Precycle

View Original

WSJ: Can Zero-Waste Grocery Stores Make a Difference?

by By Jane Black, for The Wall Street Journal

Photo: Juliana Sohn

There are zero-waste grocery stores in Brooklyn, Denver, London and Berlin, and dozens more specializing in beauty and household products.

In many ways, these stores are the progeny of the natural food co-ops that sprouted in the 1970s. But the women—and they are almost all women—opening zero-waste stores now understand that to succeed they have to build in convenience. There are no mandated work hours or membership fees. If you don’t have your own container you can buy or borrow one that’s been cleaned and sanitized. The Wally Shop, one of the newest startups, operates as a kind of zero-waste Instacart, offering customers same-day delivery by bike in Brooklyn and, soon, Manhattan. Founder and CEO Tamara Lim, 26, describes her company as a 21st-century milk man who delivers more than milk.

Photo: Juliana Sohn

Zero-waste evangelists talk about their “journey” to a new way of living and shopping. Katerina Bogatireva, who opened Precycle in Brooklyn in December, took her first steps when she tried, and only partially succeeded, to reduce the trash she and her young son produced. “It was difficult to shop. You had to buy one thing here, one thing there,” she said. “And then there were the snacks. Try telling your 6-year-old that he can’t have a fig bar because it’s wrapped in plastic.”

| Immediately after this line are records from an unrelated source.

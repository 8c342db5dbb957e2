-- ===== src/Db/Integrity/Indexers.antt =====
-- `IndexerRepo`: that each of its statements keeps the invariant of the tables.
use oxidarr.Common.{
  ℕ, suc, ◌≤◌, ◌≡◌, refl, String, true, false, not, List, [], ◌∷◌, ◌++◌, map, any, filter, length,
  All, All-append, arith, ◌==◌, Text, text_eq, if◌then◌else◌, Bool-cases, inl, inr, subst,
  text_eq_sym,
}
use oxidarr.Common.Unique.{any-append}
use oxidarr.Common.NoTwo.{
  NoTwo-filter, NoTwo-append, NoTwo-map, All-filter, All-imp, All-map, NoTwo-rename,
}
use oxidarr.Common.Outcome.{ok}
use oxidarr.Db.Rows.{StoredIndexer, StoredMapping, NewIndexer, IndexerRow}
use oxidarr.Db.Conn.{Tables}
use oxidarr.Db.Mappings.{has_indexer}
use oxidarr.Db.Indexers.{
  has_id, takes_name, new_row, rewrite_row, insert_row, update_row, delete_row,
}
use oxidarr.Db.Integrity.{IsIntact, Linked, same_pair, same_indexer}

fresh_id :
    (id : ℕ) (bound : ℕ) (rows : List StoredIndexer)
    → All (λ r. r.id ≤ bound) rows
    → suc bound ≤ id
    → any (λ r. id == r.id) rows ≡ false
fresh_id id bound [] h lt = refl
fresh_id id bound (r ∷ rest) h lt = ground (arith, fresh_id id bound rest h.1)

name_free :
    (n : Text) (rows : List StoredIndexer)
    → any (λ r. text_eq r.name n) rows ≡ false
    → any (λ r. text_eq n r.name) rows ≡ false
name_free n [] h = refl
name_free n (r ∷ rest) h = ground (arith, text_eq_sym n r.name, name_free n rest)

-- `insert` keeps the invariant, and the id that it assigns was no row's.
pub insert_row-IsIntact :
    (new : NewIndexer) (settings : String) (added : String) (t : Tables) (id : ℕ) (t' : Tables)
    → IsIntact t
    → insert_row new settings added t ≡ ok (id, t')
    → IsIntact t' × (any (has_id id) t.indexers ≡ false)
unfolding insert_row
insert_row-IsIntact new settings added t id t' i h =
    elim (Bool-cases (any (λ r. text_eq r.name new.name) t.indexers)) [
      | inl taken ↦ absurd (ground (arith, h, taken))
      | inr free ↦ (
        subst IsIntact {x = grown} (ground (arith, h, free)) (record {
          indexer_ids = NoTwo-append same_indexer t.indexers row i.indexer_ids (
              fresh_id (suc t.last_indexer) t.last_indexer t.indexers i.indexer_bound
                (omega arith));
          indexer_bound =
              All-append (λ r. r.id ≤ suc t.last_indexer) t.indexers (row ∷ [])
                (All-imp (λ r. r.id ≤ t.last_indexer) _ t.indexers (λ r le. omega arith)
                  i.indexer_bound)
                (omega arith);
          indexer_names =
              NoTwo-append (λ r s. text_eq s.name r.name) t.indexers row i.indexer_names
                (name_free new.name t.indexers free);
          application_ids = i.application_ids;
          application_bound = i.application_bound;
          application_names = i.application_names;
          pairs = i.pairs;
          links =
              All-imp (Linked t) (Linked grown) t.mappings
                (λ m l. (
                  l.0,
                  ground (arith, l.1, any-append (λ r. r.id == m.indexer_id) t.indexers (row ∷ [])),
                ))
                i.links;
        }),
        rw (assigned free) (no_row t.indexers i.indexer_bound),
      )
    ]
  where
    row : StoredIndexer
    row = new_row new settings added (suc t.last_indexer)

    grown : Tables
    grown = record t { indexers = t.indexers ++ row ∷ []; last_indexer = suc t.last_indexer }

    assigned : any (λ r. text_eq r.name new.name) t.indexers ≡ false → id ≡ suc t.last_indexer
    assigned free = ground (arith, h, free)

    no_row :
        (rows : List StoredIndexer)
        → All (λ r. r.id ≤ t.last_indexer) rows
        → any (has_id (suc t.last_indexer)) rows ≡ false
    no_row [] a = refl
    no_row (r ∷ rest) a = ground (arith, no_row rest a.1)

-- `delete` keeps the invariant: the mappings of the row go with it.
pub delete_row-IsIntact :
    (id : ℕ) (t : Tables) (n : ℕ) (t' : Tables)
    → IsIntact t
    → delete_row id t ≡ ok (n, t')
    → IsIntact t'
unfolding delete_row
delete_row-IsIntact id t n t' i h = subst IsIntact {x = shrunk} (ground (arith, h)) (record {
  indexer_ids = NoTwo-filter same_indexer _ t.indexers i.indexer_ids;
  indexer_bound =
      All-filter (λ r. r.id ≤ t.last_indexer) _ _ t.indexers (λ r le _. le) i.indexer_bound;
  indexer_names = NoTwo-filter (λ r s. text_eq s.name r.name) _ t.indexers i.indexer_names;
  application_ids = i.application_ids;
  application_bound = i.application_bound;
  application_names = i.application_names;
  pairs = NoTwo-filter same_pair _ t.mappings i.pairs;
  links =
      All-filter (Linked t) (Linked shrunk) _ t.mappings (λ m l kept. (l.0, still m l.1 kept))
        i.links;
})
  where
    shrunk : Tables
    shrunk = record t {
      indexers = filter (λ r. not (has_id id r)) t.indexers;
      mappings = filter (λ m. not (m.indexer_id == id)) t.mappings;
    }

    found_elsewhere :
        (key : ℕ) (rows : List StoredIndexer)
        → (key == id) ≡ false
        → any (λ r. r.id == key) rows ≡ true
        → any (λ r. r.id == key) (filter (λ r. not (has_id id r)) rows) ≡ true
    found_elsewhere key [] ne e = cc
    found_elsewhere key (r ∷ rest) ne e = ground (arith, found_elsewhere key rest ne)

    still :
        (m : StoredMapping)
        → has_indexer t m.indexer_id ≡ true
        → not (m.indexer_id == id) ≡ true
        → has_indexer shrunk m.indexer_id ≡ true
    still m there kept = found_elsewhere m.indexer_id t.indexers (ground (arith, kept)) there

-- `update` keeps the invariant: the new name is no other row's.
pub update_row-IsIntact :
    (row : IndexerRow) (settings : String) (t : Tables) (n : ℕ) (t' : Tables)
    → IsIntact t
    → update_row row settings t ≡ ok (n, t')
    → IsIntact t'
unfolding update_row
update_row-IsIntact row settings t n t' i h =
    elim (Bool-cases (length (filter (has_id row.id) t.indexers) == 0)) [
      | inl nothing ↦ subst IsIntact (ground (arith, h, nothing)) i
      | inr some_row ↦ elim (Bool-cases (any (takes_name row.id row.name) t.indexers)) [
        | inl taken ↦ absurd (ground (arith, h, some_row, taken))
        | inr free ↦ subst IsIntact {x = changed} (ground (arith, h, some_row, free)) (record {
          indexer_ids =
              NoTwo-map same_indexer change t.indexers (λ r s. rw (keeps_id r, keeps_id s) refl)
                i.indexer_ids;
          indexer_bound =
              All-map (λ r. r.id ≤ t.last_indexer) change t.indexers
                (All-imp (λ r. r.id ≤ t.last_indexer) _ t.indexers (λ r le. rw (keeps_id r) le)
                  i.indexer_bound);
          indexer_names =
              NoTwo-rename (λ r. r.id) (λ r. r.name) row.id row.name change (λ r e. rw e refl)
                (λ r e. rw e refl) t.indexers i.indexer_ids i.indexer_names free;
          application_ids = i.application_ids;
          application_bound = i.application_bound;
          application_names = i.application_names;
          pairs = i.pairs;
          links =
              All-imp (Linked t) (Linked changed) t.mappings
                (λ m l. (l.0, still_there m.indexer_id t.indexers l.1)) i.links;
        })
      ]
    ]
  where
    change : StoredIndexer → StoredIndexer
    change r = if has_id row.id r then rewrite_row row settings r else r

    changed : Tables
    changed = record t { indexers = map change t.indexers }

    keeps_id : (r : StoredIndexer) → (change r).id ≡ r.id
    keeps_id r = ground arith

    still_there :
        (key : ℕ) (rows : List StoredIndexer)
        → any (λ r. r.id == key) rows ≡ true
        → any (λ r. r.id == key) (map change rows) ≡ true
    still_there key [] e = e
    still_there key (r ∷ rest) e = ground (arith, keeps_id r, still_there key rest)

And so Precycle aims to be a mostly one-stop shop. The bright, open-plan store in the hip Bushwick neighborhood sells fruits and vegetables, beans, pasta and rice, oils, vinegars, soaps, spices, eggs, even bulk tofu, which has been a surprise hit. For snacks, there are dried fruits, nuts, popcorn, granola. Only meat and fish are missing.

The Wally Shop, meanwhile, is working to offer convenience on parallel with Amazon Prime. (Ms. Lim, not coincidentally, started her career at the Seattle behemoth managing, among other categories, retail of packaging and shipping supplies.) Customers who order before 2 p.m. have their food delivered the same day between 6 and 8 p.m.

When the Wally Shop receives an order, it dispatches a shopper to buy products at local farmers markets and co-ops as well as at Precycle. Shoppers pay the price the store charges, plus a 5% service fee and a delivery fee. Vegetables come in cotton mesh bags, bulk grains in Mason jars. Customers also pay $1 per item for packaging but get it back when they return the container.

Photo: Juliana Sohn

A test order on the site that included lentils, apples, broccoli, avocados, soba noodles, raisins and a jar of raw, local honey totaled about $50—not cheap, but neither are the Brooklyn markets where the items are purchased. When you consider the mere $5.99 delivery fee built in, and the time and money the shopper saves by having someone else do the legwork, it sounds like a bargain.